Task description — All that should come back is the lines of the data below from the one containing "(push e frame) (with_stack-IsAt" to the one containing "(else_step e at", inclusive, exactly as they stand.

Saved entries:
____________________
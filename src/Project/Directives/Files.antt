-- ===== src/Project/Directives/Files.antt =====
-- Runs of directive_executor.cpp over a file and the files that it includes.
use server_engine_v.Common.{
  ℕ, ◌≡◌, refl, sym, ap, ◌∙◌, subst, arith, Bool, true, false, not, ◌||◌, List, [], ◌∷◌, ◌++◌, some,
  ltb, ◌==◌, if◌then◌else◌, length, length-append, Bool-cases, Option-cases, inl, inr,
}
use server_engine_v.Text.{Text}
use server_engine_v.Status.{succeeded}
use server_engine_v.Project.Directives.{
  PreprocessingDirective, ErrorKind, SourceRange, Outcome, ConditionalFrame, FileEntryFrame,
  DirectiveExecutor, fail, current_file_entry, floor_of, enter_file, no_range, file_entry_mismatch,
  unterminated_conditional,
}
use server_engine_v.Project.Directives.Execution.{
  execute_at, execute, close_file, leave_at, finish_at, finish_file,
}
use server_engine_v.Project.Directives.Stack.{IsInside, SameStack-IsInside, execute_kind-IsInside}

-- the directives of a file with its text, and the files that it includes where it includes them
pub data FileRun : Type 0 where
  ends : FileRun
  directive : PreprocessingDirective → Text → FileRun → FileRun
  included : ℕ → FileRun → FileRun → FileRun

-- The frontend stops at the first call that does not succeed.
unfoldable pub run_file : FileRun → DirectiveExecutor → DirectiveExecutor × Bool
unfolding execute enter_file finish_file
run_file ends e = (e, true)
run_file (directive d source rest) e =
    let one = execute e d source in
    let more = run_file rest one.0 in if succeeded one.1.status then more else (one.0, false)
run_file (included file body rest) e =
    let start = enter_file e file in
    let inside = run_file body start.0 in
    let left = finish_file inside.0 file in
    let more = run_file rest left.0 in
    if not (succeeded start.1)
    then (start.0, false)
    else if not inside.1
    then (inside.0, false)
    else if not (succeeded left.1.status)
    then (left.0, false)
    else more

module _ (base : List ConditionalFrame) (entries : List FileEntryFrame) (file : ℕ) where
  floor_of-base :
      (of depth floor : ℕ)
      → floor_of (record { entry_file = file; conditional_floor = length base } ∷ entries) of depth
        ≡ some floor
      → floor ≡ length base
  unfolding floor_of
  floor_of-base of depth floor e = ground arith

  execute-IsInside :
      (e : DirectiveExecutor) (d : PreprocessingDirective) (source : Text)
      → IsInside base entries file e
      → IsInside base entries file (execute e d source).0
  unfolding execute execute_at current_file_entry
  execute-IsInside e d source i =
      elim (Option-cases (floor_of e.file_entries d.file (length e.conditionals))) [
        | inl none_here ↦ rw none_here i
        | inr (floor, here) ↦
            let at_base : floor ≡ length base =
              floor_of-base d.file (length e.conditionals) floor
                (sym (ap (λ l. floor_of l d.file (length e.conditionals)) i.entered) ∙ here) in
            rw (here, at_base) (execute_kind-IsInside base entries file d.kind e d source i)
      ]

  no_inner :
      (e : DirectiveExecutor) (inner : List ConditionalFrame)
      → e.conditionals ≡ inner ++ base
      → length e.conditionals ≡ length base
      → e.conditionals ≡ base
  no_inner e [] above n = above
  no_inner e (frame ∷ inner) above n =
      absurd (omega (arith, ap length above, length-append (frame ∷ inner) base))

  abbrev IsLeft : DirectiveExecutor × Outcome → Type 0
  IsLeft r = succeeded r.1.status ≡ true → (r.0.conditionals ≡ base) × (r.0.file_entries ≡ entries)

  failed_IsLeft :
      (e : DirectiveExecutor) (kind : ErrorKind) (of : ℕ) (at : SourceRange)
      → IsLeft (e, fail kind of at)
  unfolding fail succeeded
  failed_IsLeft e kind of at h = cc

  leave_at-IsLeft :
      (e : DirectiveExecutor) (stack : List FileEntryFrame)
      → stack ≡ record { entry_file = file; conditional_floor = length base } ∷ entries
      → e.conditionals ≡ base
      → IsLeft (leave_at e file stack)
  leave_at-IsLeft e stack entered same =
      subst (λ l. IsLeft (leave_at e file l)) (sym entered) (unfold leave_at in λ h. (same, refl))

  close_file-IsLeft :
      (e : DirectiveExecutor) (frames : List ConditionalFrame)
      → frames ≡ e.conditionals
      → IsInside base entries file e
      → IsLeft (close_file e file (length base) frames)
  unfolding close_file
  close_file-IsLeft e [] same i = elim (Bool-cases (0 == length base)) [
    | inl level ↦ rw level (
        leave_at-IsLeft e e.file_entries i.entered (
          no_inner e i.inner i.above (
            let n = ap length same in
            let m : ◌≡◌ {A = ℕ} 0 (length base) = ground arith in sym n ∙ m)))
    | inr other ↦ rw other (failed_IsLeft e file_entry_mismatch file no_range)
  ]
  close_file-IsLeft e (opening ∷ frames) same i =
      elim (Bool-cases (ltb (length base) (length (opening ∷ frames)))) [
        | inl above ↦
            rw above
              (failed_IsLeft e unterminated_conditional opening.frame_file opening.frame_source)
        | inr below ↦ elim (Bool-cases (length (opening ∷ frames) == length base)) [
          | inl level ↦
              rw (below, level)
                (leave_at-IsLeft e e.file_entries i.entered (
                  no_inner e i.inner i.above (
                    let n = ap length same in
                    let m : length (opening ∷ frames) ≡ length base = ground arith in sym n ∙ m)))
          | inr other ↦ rw (below, other) (failed_IsLeft e file_entry_mismatch file no_range)
        ]
      ]

  -- A file that is left had closed all its conditionals.
  finish_file-IsLeft :
      (e : DirectiveExecutor) → IsInside base entries file e → IsLeft (finish_file e file)
  unfolding finish_file finish_at current_file_entry
  finish_file-IsLeft e i =
      elim (Option-cases (floor_of e.file_entries file (length e.conditionals))) [
        | inl none_here ↦ rw none_here (failed_IsLeft e file_entry_mismatch file no_range)
        | inr (floor, here) ↦
            let at_base : floor ≡ length base =
              floor_of-base file (length e.conditionals) floor
                (sym (ap (λ l. floor_of l file (length e.conditionals)) i.entered) ∙ here) in
            rw (here, at_base) (close_file-IsLeft e e.conditionals refl i)
      ]

enter_file-IsInside :
    (e : DirectiveExecutor) (file : ℕ)
    → succeeded (enter_file e file).1 ≡ true
    → IsInside e.conditionals e.file_entries file (enter_file e file).0
unfolding enter_file succeeded
enter_file-IsInside e file h = elim (Bool-cases (file == 0 || length e.file_entries == 256)) [
  | inl refused ↦ absurd (let z : false ≡ true = rw refused at h in cc)
  | inr entered ↦ rw entered record { entered = refl; inner = []; above = refl }
]

-- A run through an included file that succeeds has entered it, run it and left it.
included_parts :
    (file : ℕ) (body rest : FileRun) (e : DirectiveExecutor)
    → (run_file (included file body rest) e).1 ≡ true
    → (succeeded (enter_file e file).1 ≡ true)
      × ((run_file body (enter_file e file).0).1 ≡ true)
      × (succeeded (finish_file (run_file body (enter_file e file).0).0 file).1.status ≡ true)
      × (run_file (included file body rest) e
          ≡ run_file rest (finish_file (run_file body (enter_file e file).0).0 file).0)
unfolding run_file
included_parts file body rest e h =
    let start = enter_file e file in
    let inside = run_file body start.0 in
    let left = finish_file inside.0 file in
    elim (Bool-cases (succeeded start.1)) [
      | inr bad ↦ absurd (let z : false ≡ true = rw bad at h in cc)
      | inl good ↦ elim (Bool-cases inside.1) [
        | inr bad ↦ absurd (let z : false ≡ true = rw (good, bad) at h in cc)
        | inl ran ↦ elim (Bool-cases (succeeded left.1.status)) [
          | inr bad ↦ absurd (let z : false ≡ true = rw (good, ran, bad) at h in cc)
          | inl done ↦ (good, ran, done, rw (good, ran, done) refl)
        ]
      ]
    ]

-- While a file runs, the conditionals that were open when it was entered stay as they were.
run_file-IsInside :
    (run : FileRun) (base : List ConditionalFrame) (entries : List FileEntryFrame) (file : ℕ)
    (e : DirectiveExecutor)
    → IsInside base entries file e
    → (run_file run e).1 ≡ true
    → IsInside base entries file (run_file run e).0
unfolding run_file
run_file-IsInside ends base entries file e i h = i
run_file-IsInside (directive d source rest) base entries file e i h =
    elim (Bool-cases (succeeded (execute e d source).1.status)) [
      | inl good ↦ rw good (
          run_file-IsInside rest base entries file (execute e d source).0
            (execute-IsInside base entries file e d source i) (rw good at h))
      | inr bad ↦ absurd (let z : false ≡ true = rw bad at h in cc)
    ]
run_file-IsInside (included of body rest) base entries file e i h =
    let parts = included_parts of body rest e h in
    let start = enter_file e of in
    let inside = run_file body start.0 in
    let left = finish_file inside.0 of in
    let within =
      run_file-IsInside body e.conditionals e.file_entries of start.0
        (enter_file-IsInside e of parts.0) parts.1 in
    let same = finish_file-IsLeft e.conditionals e.file_entries of inside.0 within parts.2 in
    subst (λ r. IsInside base entries file r.0) (sym parts.3)
      (run_file-IsInside rest base entries file left.0 (SameStack-IsInside e left.0 i same)
        (sym (ap (λ r. r.1) parts.3) ∙ h))

-- An included file that runs to its end leaves the open conditionals and the file entries as they were, whatever
-- its directives are and whatever it includes itself.
pub included-restores :
    (file : ℕ) (body : FileRun) (e : DirectiveExecutor)
    → (run_file (included file body ends) e).1 ≡ true
    → ((run_file (included file body ends) e).0.conditionals ≡ e.conditionals)
      × ((run_file (included file body ends) e).0.file_entries ≡ e.file_entries)
unfolding run_file
included-restores file body e h =
    let parts = included_parts file body ends e h in
    let start = enter_file e file in
    let within =
      run_file-IsInside body e.conditionals e.file_entries file start.0
        (enter_file-IsInside e file parts.0) parts.1 in
    let same =
      finish_file-IsLeft e.conditionals e.file_entries file (run_file body start.0).0 within
        parts.2 in
    let at_end = parts.3 in
    (ap (λ r. r.0.conditionals) at_end ∙ same.0, ap (λ r. r.0.file_entries) at_end ∙ same.1)
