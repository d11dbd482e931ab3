-- ===== src/Project/Directives/Skipping.antt =====
-- How execute of directive_executor.cpp passes over an inactive block.
use server_engine_v.Common.{
  ℕ, suc, ◌+◌, ◌≤◌, ◌<◌, ◌≡◌, ◌≢◌, refl, ◌∙◌, arith, Bool, true, false, not, ◌&&◌, ◌||◌, List, ◌∷◌,
  ltb, leb, ◌==◌, length,
}
use server_engine_v.Text.{Text}
use server_engine_v.Status.{success, succeeded}
use server_engine_v.Project.Directives.{
  DirectiveKind, PreprocessingDirective, ConditionalFrame, FileEntryFrame, DirectiveExecutor,
  returns, current_file_entry, floor_of, active, top_active, directive_conditional_depth_limit,
}
use server_engine_v.Project.Directives.Execution.{
  begin_conditional, take_else, take_endif, execute_active, execute_kind, execute_at, execute,
  new_frame, push,
}
use server_engine_v.Project.Directives.Blocks.{
  PlainKind, plain_kind, open_kind, Block, nothing, plain, choose, as_kind, flatten, height, IsOf,
  run_list, with_stack,
}

-- The current entry is the file's, and its floor is at most the depth.
pub record IsAt (file floor : ℕ) (e : DirectiveExecutor) : Type 0 where
  pub valid_file : file ≢ 0
  pub outer : List FileEntryFrame
  pub entered : e.file_entries ≡ record { entry_file = file; conditional_floor = floor } ∷ outer
  pub low : floor ≤ length e.conditionals

pub with_stack-IsAt :
    {file floor : ℕ} (e : DirectiveExecutor) (frames : List ConditionalFrame)
    → IsAt file floor e
    → floor ≤ length frames
    → IsAt file floor (with_stack e frames)
with_stack-IsAt e frames at low = record {
  valid_file = at.valid_file;
  outer = at.outer;
  entered = at.entered;
  low = low;
}

module _ {file floor : ℕ} (e : DirectiveExecutor) (at : IsAt file floor e) (source : Text) where
  -- A directive of the file is executed by its kind.
  pub execute-kind :
      (kind : DirectiveKind) (d : PreprocessingDirective)
      → d.file ≡ file
      → execute e (as_kind kind d) source ≡ execute_kind kind e (as_kind kind d) source floor
  unfolding execute execute_at current_file_entry floor_of
  execute-kind kind d of =
      let valid : (d.file == 0) ≡ false = let z = at.valid_file in ground arith in
      let same : (file == d.file) ≡ true = ground arith in
      let low : ltb (length e.conditionals) floor ≡ false = let h = at.low in ground arith in
      rw (at.entered, valid, same, low) refl

  abbrev Within : PreprocessingDirective → Type 0
  Within d = d.file ≡ file

  plain_off :
      (kind : PlainKind) (d : PreprocessingDirective)
      → Within d
      → active e ≡ false
      → execute e (as_kind (plain_kind kind) d) source ≡ (e, returns success)
  plain_off kind d of off = execute-kind (plain_kind kind) d of ∙ by_kind kind
    where
      by_kind :
          (k : PlainKind)
          → execute_kind (plain_kind k) e (as_kind (plain_kind kind) d) source floor
            ≡ (e, returns success)
      by_kind PlainKind.define = unfold execute_kind in rw off refl
      by_kind PlainKind.undef = unfold execute_kind in rw off refl
      by_kind PlainKind.include = unfold execute_kind in rw off refl
      by_kind PlainKind.line = unfold execute_kind in rw off refl
      by_kind PlainKind.error = unfold execute_kind in rw off refl
      by_kind PlainKind.pragma = unfold execute_kind in rw off refl
      by_kind PlainKind.unknown = unfold execute_kind in rw off refl
      by_kind PlainKind.invalid = unfold execute_kind in rw off refl

  pub plain_on :
      (kind : PlainKind) (d : PreprocessingDirective)
      → Within d
      → active e ≡ true
      → execute e (as_kind (plain_kind kind) d) source
        ≡ execute_active (plain_kind kind) e (as_kind (plain_kind kind) d) source
  plain_on kind d of on = execute-kind (plain_kind kind) d of ∙ by_kind kind
    where
      by_kind :
          (k : PlainKind)
          → execute_kind (plain_kind k) e (as_kind (plain_kind kind) d) source floor
            ≡ execute_active (plain_kind k) e (as_kind (plain_kind kind) d) source
      by_kind PlainKind.define = unfold execute_kind in rw on refl
      by_kind PlainKind.undef = unfold execute_kind in rw on refl
      by_kind PlainKind.include = unfold execute_kind in rw on refl
      by_kind PlainKind.line = unfold execute_kind in rw on refl
      by_kind PlainKind.error = unfold execute_kind in rw on refl
      by_kind PlainKind.pragma = unfold execute_kind in rw on refl
      by_kind PlainKind.unknown = unfold execute_kind in rw on refl
      by_kind PlainKind.invalid = unfold execute_kind in rw on refl

  pub open-begin :
      (inverted : Bool) (d : PreprocessingDirective)
      → Within d
      → execute e (as_kind (open_kind inverted) d) source
        ≡ begin_conditional e (as_kind (open_kind inverted) d) source inverted
  open-begin true d of = execute-kind DirectiveKind.ifndef d of ∙ unfold execute_kind in refl
  open-begin false d of = execute-kind DirectiveKind.ifdef d of ∙ unfold execute_kind in refl

  open_off :
      (inverted : Bool) (d : PreprocessingDirective)
      → Within d
      → length e.conditionals < directive_conditional_depth_limit
      → active e ≡ false
      → execute e (as_kind (open_kind inverted) d) source
        ≡ (push e (new_frame (as_kind (open_kind inverted) d) false false), returns success)
  unfolding begin_conditional
  open_off inverted d of room off =
      let space : (length e.conditionals == directive_conditional_depth_limit) ≡ false =
        ground arith in
      open-begin inverted d of ∙ rw (space, off) refl

-- #else and #endif on a frame of the file above the floor
module _ {file floor : ℕ} (e : DirectiveExecutor) (at : IsAt file floor e) (source : Text)
    (frame : ConditionalFrame) (of_frame : frame.frame_file ≡ file) (d : PreprocessingDirective)
    (of : d.file ≡ file) where
  pushed-IsAt : IsAt file floor (push e frame)
  pushed-IsAt = with_stack-IsAt e (frame ∷ e.conditionals) at (let h = at.low in omega arith)

  is_matched :
      (leb (length (frame ∷ e.conditionals)) floor || not (frame.frame_file == d.file)) ≡ false
  is_matched = let h = at.low in ground arith

  pub else_step :
      frame.else_seen ≡ false
      → execute (push e frame) (as_kind DirectiveKind.else_branch d) source ≡ (
        push e (record frame {
          else_seen = true;
          branch_active = frame.parent_active && not frame.condition;
        }),
        returns success,
      )
  unfolding execute_kind take_else
  else_step first =
      execute-kind (push e frame) pushed-IsAt source DirectiveKind.else_branch d of
      ∙ rw (is_matched, first) refl

  pub endif_step :
      execute (push e frame) (as_kind DirectiveKind.endif d) source ≡ (e, returns success)
  unfolding execute_kind take_endif
  endif_step =
      execute-kind (push e frame) pushed-IsAt source DirectiveKind.endif d of ∙ rw is_matched refl

pub run_step :
    (source : Text) (d : PreprocessingDirective) (ds : List PreprocessingDirective)
    (e e' : DirectiveExecutor)
    → execute e d source ≡ (e', returns success)
    → run_list source (d ∷ ds) e ≡ run_list source ds e'
unfolding run_list succeeded
run_step source d ds e e' h = rw h refl

-- In an inactive region a block changes nothing.
pub skip_block :
    (source : Text) (block : Block) (after : List PreprocessingDirective) {file floor : ℕ}
    (e : DirectiveExecutor)
    → IsAt file floor e
    → IsOf file block
    → length e.conditionals + height block ≤ directive_conditional_depth_limit
    → active e ≡ false
    → run_list source (flatten block after) e ≡ run_list source after e
unfolding flatten
skip_block source nothing after e at of depth off = refl
skip_block source (plain kind d rest) after e at (of, more) depth off =
    run_step source _ _ e e (plain_off e at source kind d of off)
    ∙ skip_block source rest after e at more depth off
skip_block source (choose inverted opening middle closing first second rest) after {floor = floor} e
      at (o, m, c, f, s, r) depth off =
    let frame = new_frame (as_kind (open_kind inverted) opening) false false in
    let other = record frame { else_seen = true } in
    let tail = as_kind DirectiveKind.endif closing ∷ flatten rest after in
    let low = at.low in
    let up : floor ≤ suc (length e.conditionals) = omega arith in
    run_step source _ _ e (push e frame) (open_off e at source inverted opening o (omega arith) off)
    ∙ skip_block source first (as_kind DirectiveKind.else_branch middle ∷ flatten second tail)
        (push e frame) (with_stack-IsAt e (frame ∷ e.conditionals) at up) f (omega arith)
        (unfold active top_active in refl)
    ∙ run_step source _ _ (push e frame) (push e other)
        (else_step e at source frame o middle m refl)
    ∙ skip_block source second tail (push e other)
        (with_stack-IsAt e (other ∷ e.conditionals) at up) s (omega arith)
        (unfold active top_active in refl)
    ∙ run_step source _ _ (push e other) e (endif_step e at source other o closing c)
    ∙ skip_block source rest after e at r (omega arith) off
____________________
Task output —
        (push e frame) (with_stack-IsAt e (frame ∷ e.conditionals) at up) f (omega arith)
        (unfold active top_active in refl)
    ∙ run_step source _ _ (push e frame) (push e other)
        (else_step e at source frame o middle m refl)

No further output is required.